History
Evan Hirsh, Peter Lam, Winnie Chen, and Andy Kukielka founded RIT Esports in 2016. The RIT Dota 2 team won the club its first national championship, and working with RIT Intramurals helped a lot with boosting RIT Esports growth and their great relationship with Electronic Gaming Society during the start of RIT Esports’ development from 2015 to 2016.
Visions of the Founders
I wanted a place for kids to live out their dreams and maybe one day be professionals at the game.
We had a lot of students who were really cracked at the games that they played, and we also wanted to try to find common ground with people who liked what we liked. EGS (Electronic Gaming Society, another student-run club at RIT for gamers) wasn’t similar enough, and finding people who were like-minded in a safe-space who wanted to do what I wanted to do was super important to me. One of my other dreams was to build an environment within the school to create a place for students to be able to do something big. We wanted to make sure that we had that opportunity after we left to prepare us for the world to come - our “Training Arc'' per say! At the end of the day, we wanted to play games. We wanted to bring that experience that I felt going to majors, and other large tournaments, to this school.
Peter Lam, founding president of RIT Esports
Winnie Chen, Graphic Design
I initially joined because a lot of my friends joined, I thought to myself “I like video games, I’ll join!”

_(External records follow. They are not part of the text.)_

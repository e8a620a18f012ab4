-- ===== src/Store/Linked.antt =====
-- The link between a slot of outback/ludo_slot.hh and its entry in outback/packed_data.hh, and the
-- append of a new entry.
use outback_cxl_numa.Base.{
  ℕ, ◌+◌, ◌^◌, ◌≤◌, ◌<◌, ◌≡◌, ◌≢◌, ◌⊎◌, inl, inr, sym, ◌∙◌, arith, ℕ_discrete,
}
use outback_cxl_numa.Ludo.{Ludo}
use outback_cxl_numa.Slot.{LudoBuckets, to_finger, to_addr, combine, fingerprint, write_addr}
use outback_cxl_numa.Slot.Word.{to_finger-combine, to_addr-combine}
use outback_cxl_numa.Slot.Buckets.{
  slot_length, slots-write_addr, slots-write_addr_ne, fingerprint-mod,
}
use outback_cxl_numa.Packed.{PackedData, sizeof_val}
use outback_cxl_numa.Packed.Laws.{appended}

-- Every occupied slot points to an entry of its own below the count.
pub record IsPlaced (b : LudoBuckets) (p : PackedData) : Type 0 where
  pub within : p.num ≤ p.num_elements
  pub narrow : p.num_elements ≤ 2 ^ 32
  pub placed : (r t : ℕ) → slot_length b r t ≢ 0 → to_addr (b.slots r t) < p.num
  pub unaliased :
      (r t r' t' : ℕ)
      → slot_length b r t ≢ 0
      → slot_length b r' t' ≢ 0
      → to_addr (b.slots r t) ≡ to_addr (b.slots r' t')
      → (r ≡ r') × (t ≡ t')

-- Every occupied slot has the fingerprint of its entry's key.
abbrev pub IsNamed : Ludo → LudoBuckets → PackedData → Type 0
IsNamed ludo b p =
    (r t : ℕ)
    → slot_length b r t ≢ 0
    → to_finger (b.slots r t) ≡ fingerprint ludo (p.raw_array (to_addr (b.slots r t))).key

pub record IsLinked (ludo : Ludo) (b : LudoBuckets) (p : PackedData) : Type 0 where
  pub base : IsPlaced b p
  pub named : IsNamed ludo b p

-- Either the cell that was written, or another one.
abbrev CellCase : ℕ → ℕ → ℕ → ℕ → Type 0
CellCase row slot r t = ((r ≡ row) × (t ≡ slot)) ⊎ ((r ≢ row) ⊎ (t ≢ slot))

cell_case : (row slot r t : ℕ) → CellCase row slot r t
cell_case row slot r t = elim (ℕ_discrete r row) [
  | no n ↦ inr (inl n)
  | yes p ↦ elim (ℕ_discrete t slot) [ no n ↦ inr (inr n) | yes q ↦ inl (p, q) ]
]

module _ (ludo : Ludo) (b : LudoBuckets) (p : PackedData) (key val row slot : ℕ) where
  abbrev new_word : ℕ
  new_word = combine (fingerprint ludo key) 64 p.num

  abbrev new_buckets : LudoBuckets
  new_buckets = write_addr ludo b key row slot p.num 64

  -- What a read of the new buckets gives: the new word, or the old one.
  data Reads (r t : ℕ) : Type 0 where
    new : r ≡ row → t ≡ slot → new_buckets.slots r t ≡ new_word → Reads r t
    old : (r ≢ row) ⊎ (t ≢ slot) → new_buckets.slots r t ≡ b.slots r t → Reads r t

  reads : (r t : ℕ) → Reads r t
  reads r t = elim (cell_case row slot r t) [
    | inl (e, f) ↦ new e f (rw (e, f) (slots-write_addr ludo b key row slot p.num 64))
    | inr n ↦ old n (slots-write_addr_ne ludo b key row slot p.num 64 r t n)
  ]

  new_addr : p.num < 2 ^ 32 → to_addr new_word ≡ p.num
  new_addr h = to_addr-combine (fingerprint ludo key) 64 p.num ∙ omega arith

  new_finger : to_finger new_word ≡ fingerprint ludo key
  new_finger =
      to_finger-combine (fingerprint ludo key) 64 p.num
      ∙ fingerprint-mod ludo b key row slot p.num 64

  -- A new entry at the end of the array, with its address written to any slot.
  module _ (room : p.num < p.num_elements) (l : IsPlaced b p) where
    new_word_addr : to_addr new_word ≡ p.num
    new_word_addr = new_addr (omega (arith, room, l.narrow))

    placed' :
        (r t : ℕ)
        → slot_length new_buckets r t ≢ 0
        → Reads r t
        → to_addr (new_buckets.slots r t) < p.num + 1
    placed' r t h (new _ _ e) = rw (e, new_word_addr) (omega arith)
    placed' r t h (old _ e) = rw e (omega (arith, l.placed r t (λ z. h (rw e z))))

    unaliased' :
        (r t r' t' : ℕ)
        → slot_length new_buckets r t ≢ 0
        → slot_length new_buckets r' t' ≢ 0
        → to_addr (new_buckets.slots r t) ≡ to_addr (new_buckets.slots r' t')
        → Reads r t
        → Reads r' t'
        → (r ≡ r') × (t ≡ t')
    unaliased' r t r' t' h h' e (new a c _) (new a' c' _) = (a ∙ sym a', c ∙ sym c')
    unaliased' r t r' t' h h' e (old _ w) (old _ w') =
        l.unaliased r t r' t' (λ z. h (rw w z)) (λ z. h' (rw w' z)) (rw (w, w') at e)
    unaliased' r t r' t' h h' e (new _ _ w) (old _ w') =
        let e' : p.num ≡ to_addr (b.slots r' t') = sym new_word_addr ∙ (rw (w, w') at e) in
        absurd (omega (arith, e', l.placed r' t' (λ z. h' (rw w' z))))
    unaliased' r t r' t' h h' e (old _ w) (new _ _ w') =
        let e' : to_addr (b.slots r t) ≡ p.num = (rw (w, w') at e) ∙ new_word_addr in
        absurd (omega (arith, e', l.placed r t (λ z. h (rw w z))))

    named' :
        IsNamed ludo b p
        → (r t : ℕ) → slot_length new_buckets r t ≢ 0
        → Reads r t
        → to_finger (new_buckets.slots r t)
          ≡ fingerprint ludo
              ((appended p key sizeof_val val).raw_array (to_addr (new_buckets.slots r t))).key
    named' named r t h (new _ _ e) = rw (e, new_word_addr) (new_finger ∙ ground arith)
    named' named r t h (old _ e) =
        let h' : slot_length b r t ≢ 0 = λ z. h (rw e z) in
        rw e (named r t h' ∙ ground (arith, l.placed r t h'))

    pub append-IsPlaced : IsPlaced new_buckets (appended p key sizeof_val val)
    append-IsPlaced = record {
      within = omega arith;
      narrow = l.narrow;
      placed = λ r t h. placed' r t h (reads r t);
      unaliased = λ r t r' t' h h' e. unaliased' r t r' t' h h' e (reads r t) (reads r' t');
    }

    pub append-IsNamed : IsNamed ludo b p → IsNamed ludo new_buckets (appended p key sizeof_val val)
    append-IsNamed named r t h = named' named r t h (reads r t)

  pub append-IsLinked :
      p.num < p.num_elements
      → IsLinked ludo b p
      → IsLinked ludo new_buckets (appended p key sizeof_val val)
  append-IsLinked room l = record {
    base = append-IsPlaced room l.base;
    named = append-IsNamed room l.base l.named;
  }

I wanted to become president because when I was in the club, I first got started as a community team member (what the Operations Branch was back then). My friend, Ron Dodge, was the person who made the old RIT Tiger logo (shoutout Ron!) and Jacob Marcovecchio was one of the many people who believed that I would make a good president. At the time that I had joined the club, there was someone on the Eboard who I thought wasn’t doing everything they could, and I wanted to help the club reach the heights that I knew it could. There was a lot in those early years that we didn’t have, like a fleshed-out constitution, which I oversaw the rewriting of. I had the confidence that I knew I could do a better job than the previous E-board members before me, and thought I could make the club succeed and grow more so than it was already. I’d like to believe that I was very influential in my roles as treasurer and secretary. I got a lot of stuff done, and planned on doing more as president, but unfortunately covid stopped a lot of that. The club for me was very socially-oriented and was something that I wanted to foster further than what I had seen in my time there. I believe and wish I could’ve done more while being president, but being so involved in RIT Esports and being so involved in the club was something that I had not originally thought I would be involved in during my time at RIT but having been through the experience, I’m very glad I did. For anyone looking to join RIT Esports, there’s various ways to get involved, even if you’re not competitive! Being involved in club life, specifically RIT Esports, heightened my college experience and I would heavily recommend it to anyone looking to join!
Hillary Li, fourth president of RIT Esports
I knew that there was an opportunity here that we could build something new and different from other schools.
When I graduated, I wanted to cheer for an Overwatch team and I wanted others to have that same opportunity to do so. Other schools threw “Esports” at the end of their gaming clubs, but I wanted to fully mimic something that I was seeing professionally, showcasing what RIT was made of to everybody else. RIT was the perfect fit for this; I was confident that we could build something better than a gaming club, and my hope was that RIT would eventually be known for this. Furthermore, I wanted to build an online community that I could be excited about, not just for me, but for the generations of students who would come to school after me. We knew that there was an aggressive demand for this and worked to capture those demands and turn them into a place in which people could come together to support players and cheer for them. I’m proud to say that we grew to one of the largest organizations on campus in under two years. You also may have heard of “Jersey Day” which I helped to incorporate - seeing hundreds of people wear RIT Esports merchandise, some of whom I’d never seen before, was a surreal experience. That’s when it hit me, that we had succeeded in creating the community I had aspired to make.